With an MD and PhD from Harvard and a teaching position at Brigham and Women's Hospital in Boston, Paul Farmer states that what he wants in life is to be a country doctor. What he is, though, is a doctor to countries: poor countries around the globe such as Haiti, Peru, Russia, and Rwanda, where the citizens have major health problems and little access to care. Here, French adapts Kidder's adult examination of Farmer (first published ten years ago), leaving the ethnographic journalistic approach intact and allowing Kidder's personal interpretations about the man to surface. He retains many of Farmer's own observations about the "O for the P" (or options for the poor) and narrations about Haiti that represent Farmer's views on the political, social, and medical situations in a country he loves. What has been cut is much of the science behind Farmer's infectious disease research, although French does retain a basic overview that leads to an understanding of MDR (multi-drug-resistant) TB and the way, before Farmer's intervention, such illnesses were misreported and ineffectually treated by the World Health Organization. Without making Farmer a saint (and for such a dedicated and driven individual, that's not easy), French's adaptation gives young readers a thoughtful examination of a complex man operating in a complex world. An author's note updates Farmer and his team's activities over the past decade. betty carter (c) Copyright 2013. The Horn Book, Inc., a wholly owned subsidiary of Media Source, Inc. No redistribution permitted.

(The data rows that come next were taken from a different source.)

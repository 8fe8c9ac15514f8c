-- ===== src/Server/Locked/Histories.antt =====
-- What the handlers, the monitor of the session and the clean-up of the cache do to the daemon, one
-- after the other.
use mathlib.Core.Path.{subst}
use opx.Prelude.{
  ◌≡◌, ◌≢◌, ◌⊎◌, ◌∙◌, refl, sym, ◌&&◌, Option, none, some, List, [], ◌∷◌, arith, Bool-cases, inl,
  inr,
}
use opx.Prelude.Int.{ℤ}
use opx.Prelude.Bytes.{Bytes, codes, ◌=ᵇ◌}
use opx.Dict.{keys}
use opx.Cache.{Cache, new_cache, cleanup_expired, evict_where, expired as entry_expired}
use opx.Cache.Ownership.{step-IsValid, cleanups, clears, new_cache-IsValid}
use opx.Cache.Refinement.{clear_lem}
use opx.Session.{SessionState, authenticated, locked, is_active, is_idle}
use opx.Session.Config.{Config}
use opx.Session.Manager.{
  Manager, SessionError, Outcome, new_manager, set_callbacks, validate_session, check_idle_timeout,
  execute_lock_callback, call, get_info,
}
use opx.Session.Manager.Idle.{check_idle-is_idle}
use opx.Security.{PeerInfo}
use opx.Backend.{Result, ok, err}
use opx.Backend.OpCli.{op_cli, op_args, run_op}
use opx.Daemon.{
  World, Daemon, Op, clear_cache, setup_session_lock_callback, session_aware, plain_op_cli,
  new_session_aware_op_cli, on_outside,
}
use opx.Server.{Server, Clock, on_cache, read_one_with_flags}
use opx.Server.Handlers.{handle_session_unlock, unlock_with}
use opx.Server.Locked.{
  IsSecure, Guarded, Keeps, DaemonGuarded, Validated, validate-IsSecure, read-Guarded,
}

-- One thing that happens, with the times that the code reads.
pub data Event : Type 0 where
  reads : Option PeerInfo → Bytes → List Bytes → Clock → Event
  unlocks : (SessionError → Bytes) → Bytes → ℤ → Event
  monitors : ℤ → ℤ → Event
  cleans : ℤ → Event

module _ {E : Type 0} where
  -- `checkIdleTimeout` on the daemon's manager.
  unfoldable pub monitor_session : ℤ → ℤ → Daemon E → Option (Manager (World E)) → Daemon E
  monitor_session now now' d none = d
  monitor_session now now' d (some m) =
      let (m', w) = check_idle_timeout (m, d.world) now now' in
      record d { session = some m'; world = w }

  -- One tick of `startCacheCleanup`.
  unfoldable pub clean_cache : ℤ → Daemon E → Daemon E
  unfolding on_cache
  clean_cache now d = on_cache (λ c. (cleanup_expired c now).0) d

  unfoldable pub happen : Server E → Daemon E → Event → Daemon E
  unfolding monitor_session clean_cache
  happen s d (reads peer ref flags t) = (read_one_with_flags s peer ref flags t d).1
  happen s d (unlocks describe method now) = (handle_session_unlock describe method now d).1
  happen s d (monitors now now') = monitor_session now now' d d.session
  happen s d (cleans now) = clean_cache now d

  unfoldable pub history : Server E → Daemon E → List Event → Daemon E
  unfolding happen
  history s d [] = d
  history s d (e ∷ es) = history s (happen s d e) es

module _ {E : Type 0} (op : Op E) where
  -- The daemon when `Serve` begins.
  unfoldable pub started : Option Config → ℤ → ℤ → E → Daemon E
  started config now ttl e = record {
    session =
        some
          (setup_session_lock_callback op (new_session_aware_op_cli op (new_manager config now)).0);
    world = record { cache = new_cache ttl; outside = e };
    audit_log = [];
  }

  run_op-keeps :
      (r : Result (List Bytes)) (d : Daemon E)
      → let d' = (run_op (on_outside op) r d).1 in
        (d'.session ≡ d.session) × (d'.world.cache ≡ d.world.cache)
  unfolding run_op on_outside
  run_op-keeps (err e) d = (refl, refl)
  run_op-keeps (ok args) d = (refl, refl)

  plain_op_cli-Keeps : Keeps op (plain_op_cli op)
  unfolding plain_op_cli op_cli
  plain_op_cli-Keeps ref flags now d = run_op-keeps (op_args ref flags) d

  pub locking-IsSecure :
      (m : Manager (World E)) (w : World E) (now : ℤ)
      → IsSecure op m w
      → IsSecure op (record m { state = locked; locked_at = now }) (execute_lock_callback m w)
  unfolding execute_lock_callback call clear_cache
  locking-IsSecure m w now h =
      subst (λ u. IsSecure op (record m { state = locked; locked_at = now }) (call u w))
        (sym h.lock_set)
        (record {
          lock_set = h.lock_set;
          unlock_set = h.unlock_set;
          valid = step-IsValid w.cache clears h.valid;
          empty = λ _. (clear_lem w.cache h.valid).0;
        })

  Validated-IsSecure : (r : Outcome (World E)) → Validated op r → IsSecure op r.0 r.1
  Validated-IsSecure (m, w, none) h = h.0
  Validated-IsSecure (m, w, some e) h = h

  cleanup-entries : (c : Cache) (now : ℤ) → c.entries ≡ [] → (cleanup_expired c now).0.entries ≡ []
  unfolding cleanup_expired evict_where keys
  cleanup-entries c now h =
      subst (λ d. (evict_where (entry_expired now) (keys d) (c, 0)).0.entries ≡ []) (sym h) h

  unlock-Guarded :
      (describe : SessionError → Bytes) (now : ℤ) (d : Daemon E) (m : Option (Manager (World E)))
      → d.session ≡ m
      → Guarded op m d.world
      → DaemonGuarded op (unlock_with describe now d m).1
  unfolding unlock_with
  unlock-Guarded describe now d none e h = absurd h
  unlock-Guarded describe now d (some m) e h =
      Validated-IsSecure (validate_session m d.world now)
        (validate-IsSecure op m d.world now m.state refl h)

  unlocks-Guarded :
      (describe : SessionError → Bytes) (method : Bytes) (now : ℤ) (d : Daemon E)
      → DaemonGuarded op d
      → DaemonGuarded op (handle_session_unlock describe method now d).1
  unfolding handle_session_unlock
  unlocks-Guarded describe method now d h = elim (Bool-cases (method =ᵇ codes "POST")) [
    | inl p ↦ rw p (unlock-Guarded describe now d d.session refl h)
    | inr p ↦ rw p h
  ]

  checked-IsSecure :
      (m : Manager (World E)) (w : World E) (now now' : ℤ)
      → IsSecure op m w
      → IsSecure op (check_idle_timeout (m, w) now now').0 (check_idle_timeout (m, w) now now').1
  checked-IsSecure m w now now' h =
      let r = check_idle_timeout (m, w) now now' in
      elim (Bool-cases (is_active m.state && is_idle (get_info m) now)) [
        | inl idle ↦
            subst (λ (r : Manager (World E) × World E). IsSecure op r.0 r.1)
              (sym (check_idle-is_idle m w now now' ∙ rw idle refl)) (locking-IsSecure m w now' h)
        | inr idle ↦
            subst (λ (r : Manager (World E) × World E). IsSecure op r.0 r.1)
              (sym (check_idle-is_idle m w now now' ∙ rw idle refl)) h
      ]

  monitor-Guarded :
      (now now' : ℤ) (d : Daemon E) (m : Option (Manager (World E)))
      → Guarded op m d.world
      → DaemonGuarded op (monitor_session now now' d m)
  unfolding monitor_session
  monitor-Guarded now now' d none h = absurd h
  monitor-Guarded now now' d (some m) h = checked-IsSecure m d.world now now' h

  clean-Guarded :
      (now : ℤ) (m : Option (Manager (World E))) (w : World E)
      → Guarded op m w
      → Guarded op m (record w { cache = (cleanup_expired w.cache now).0 })
  clean-Guarded now none w h = h
  clean-Guarded now (some m) w h = record {
    lock_set = h.lock_set;
    unlock_set = h.unlock_set;
    valid = step-IsValid w.cache (cleanups now) h.valid;
    empty = λ ne. cleanup-entries w.cache now (h.empty ne);
  }

  pub started-Guarded :
      (config : Option Config) (now ttl : ℤ) (e : E) → DaemonGuarded op (started config now ttl e)
  unfolding started setup_session_lock_callback new_session_aware_op_cli set_callbacks new_manager
  started-Guarded config now ttl e = record {
    lock_set = refl;
    unlock_set = refl;
    valid = new_cache-IsValid ttl;
    empty = λ _. refl;
  }

  module _ (s : Server E) (aware : s.backend ≡ session_aware (plain_op_cli op)) where
    happen-Guarded :
        (d : Daemon E) (e : Event) → DaemonGuarded op d → DaemonGuarded op (happen s d e)
    unfolding happen clean_cache on_cache
    happen-Guarded d (reads peer ref flags t) h =
        read-Guarded op (plain_op_cli op) plain_op_cli-Keeps s aware peer ref flags t d h
    happen-Guarded d (unlocks describe method now) h = unlocks-Guarded describe method now d h
    happen-Guarded d (monitors now now') h = monitor-Guarded now now' d d.session h
    happen-Guarded d (cleans now) h = clean-Guarded now d.session d.world h

    history-Guarded :
        (es : List Event) (d : Daemon E) → DaemonGuarded op d → DaemonGuarded op (history s d es)
    unfolding history
    history-Guarded [] d h = h
    history-Guarded (e ∷ es) d h = history-Guarded es (happen s d e) (happen-Guarded d e h)

  -- A session that is authenticated, or an empty cache.
  abbrev pub IsLockedEmpty : Option (Manager (World E)) → World E → Type 0
  IsLockedEmpty none w = ⊥
  IsLockedEmpty (some m) w = (m.state ≡ authenticated) ⊎ (w.cache.entries ≡ [])

  Guarded-IsLockedEmpty :
      (m : Option (Manager (World E))) (w : World E) → Guarded op m w → IsLockedEmpty m w
  Guarded-IsLockedEmpty none w h = h
  Guarded-IsLockedEmpty (some m) w h = elim (authenticated_cases m.state) [
    | inl a ↦ inl a
    | inr n ↦ inr (h.empty n)
  ]
    where
      authenticated_cases : (st : SessionState) → (st ≡ authenticated) ⊎ (st ≢ authenticated)
      authenticated_cases st = ground arith

  -- A server over the session-aware backend of `op` has, from its start on and after every sequence of reads,
  -- unlocks, checks of the monitor and clean-ups of the cache, each run to its end before the next, a session that
  -- is authenticated or an empty cache.
  pub history-IsLockedEmpty :
      (s : Server E) (config : Option Config) (now ttl : ℤ) (e : E) (es : List Event)
      → s.backend ≡ session_aware (plain_op_cli op)
      → let d = history s (started config now ttl e) es in IsLockedEmpty d.session d.world
  history-IsLockedEmpty s config now ttl e es aware =
      let d = history s (started config now ttl e) es in
      Guarded-IsLockedEmpty d.session d.world
        (history-Guarded s aware es (started config now ttl e) (started-Guarded config now ttl e))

(c) Copyright The Horn Book, Inc., a wholly owned subsidiary of Media Source, Inc. No redistribution permitted.
Review by Kirkus Book Review

Full-immersion journalist Kidder (Home Town, 1999, etc.) tries valiantly to keep up with a front-line, muddy-and-bloody general in the war against infectious disease in Haiti and elsewhere. The author occasionally confesses to weariness in this gripping account--and why not? Paul Farmer, who has an M.D. and a Ph.D. from Harvard, appears to be almost preternaturally intelligent, productive, energetic, and devoted to his causes. So trotting alongside him up Haitian hills, through international airports and Siberian prisons and Cuban clinics, may be beyond the capacity of a mere mortal. Kidder begins with a swift account of his first meeting with Farmer in Haiti while working on a story about American soldiers, then describes his initial visit to the doctor's clinic, where the journalist felt he'd "encountered a miracle." Employing guile, grit, grins, and gifts from generous donors (especially Boston contractor Tom White), Farmer has created an oasis in Haiti where TB and AIDS meet their Waterloos. The doctor has an astonishing rapport with his patients and often travels by foot for hours over difficult terrain to treat them in their dwellings ("houses" would be far too grand a word). Kidder pauses to fill in Farmer's amazing biography: his childhood in an eccentric family sounds like something from The Mosquito Coast; a love affair with Roald Dahl's daughter ended amicably; his marriage to a Haitian anthropologist produced a daughter whom he sees infrequently thanks to his frenetic schedule. While studying at Duke and Harvard, Kidder writes, Farmer became obsessed with public health issues; even before he'd finished his degrees he was spending much of his time in Haiti establishing the clinic that would give him both immense personal satisfaction and unsurpassed credibility in the medical worlds he hopes to influence. Skilled and graceful exploration of the soul of an astonishing human being. Copyright ©Kirkus Reviews, used with permission.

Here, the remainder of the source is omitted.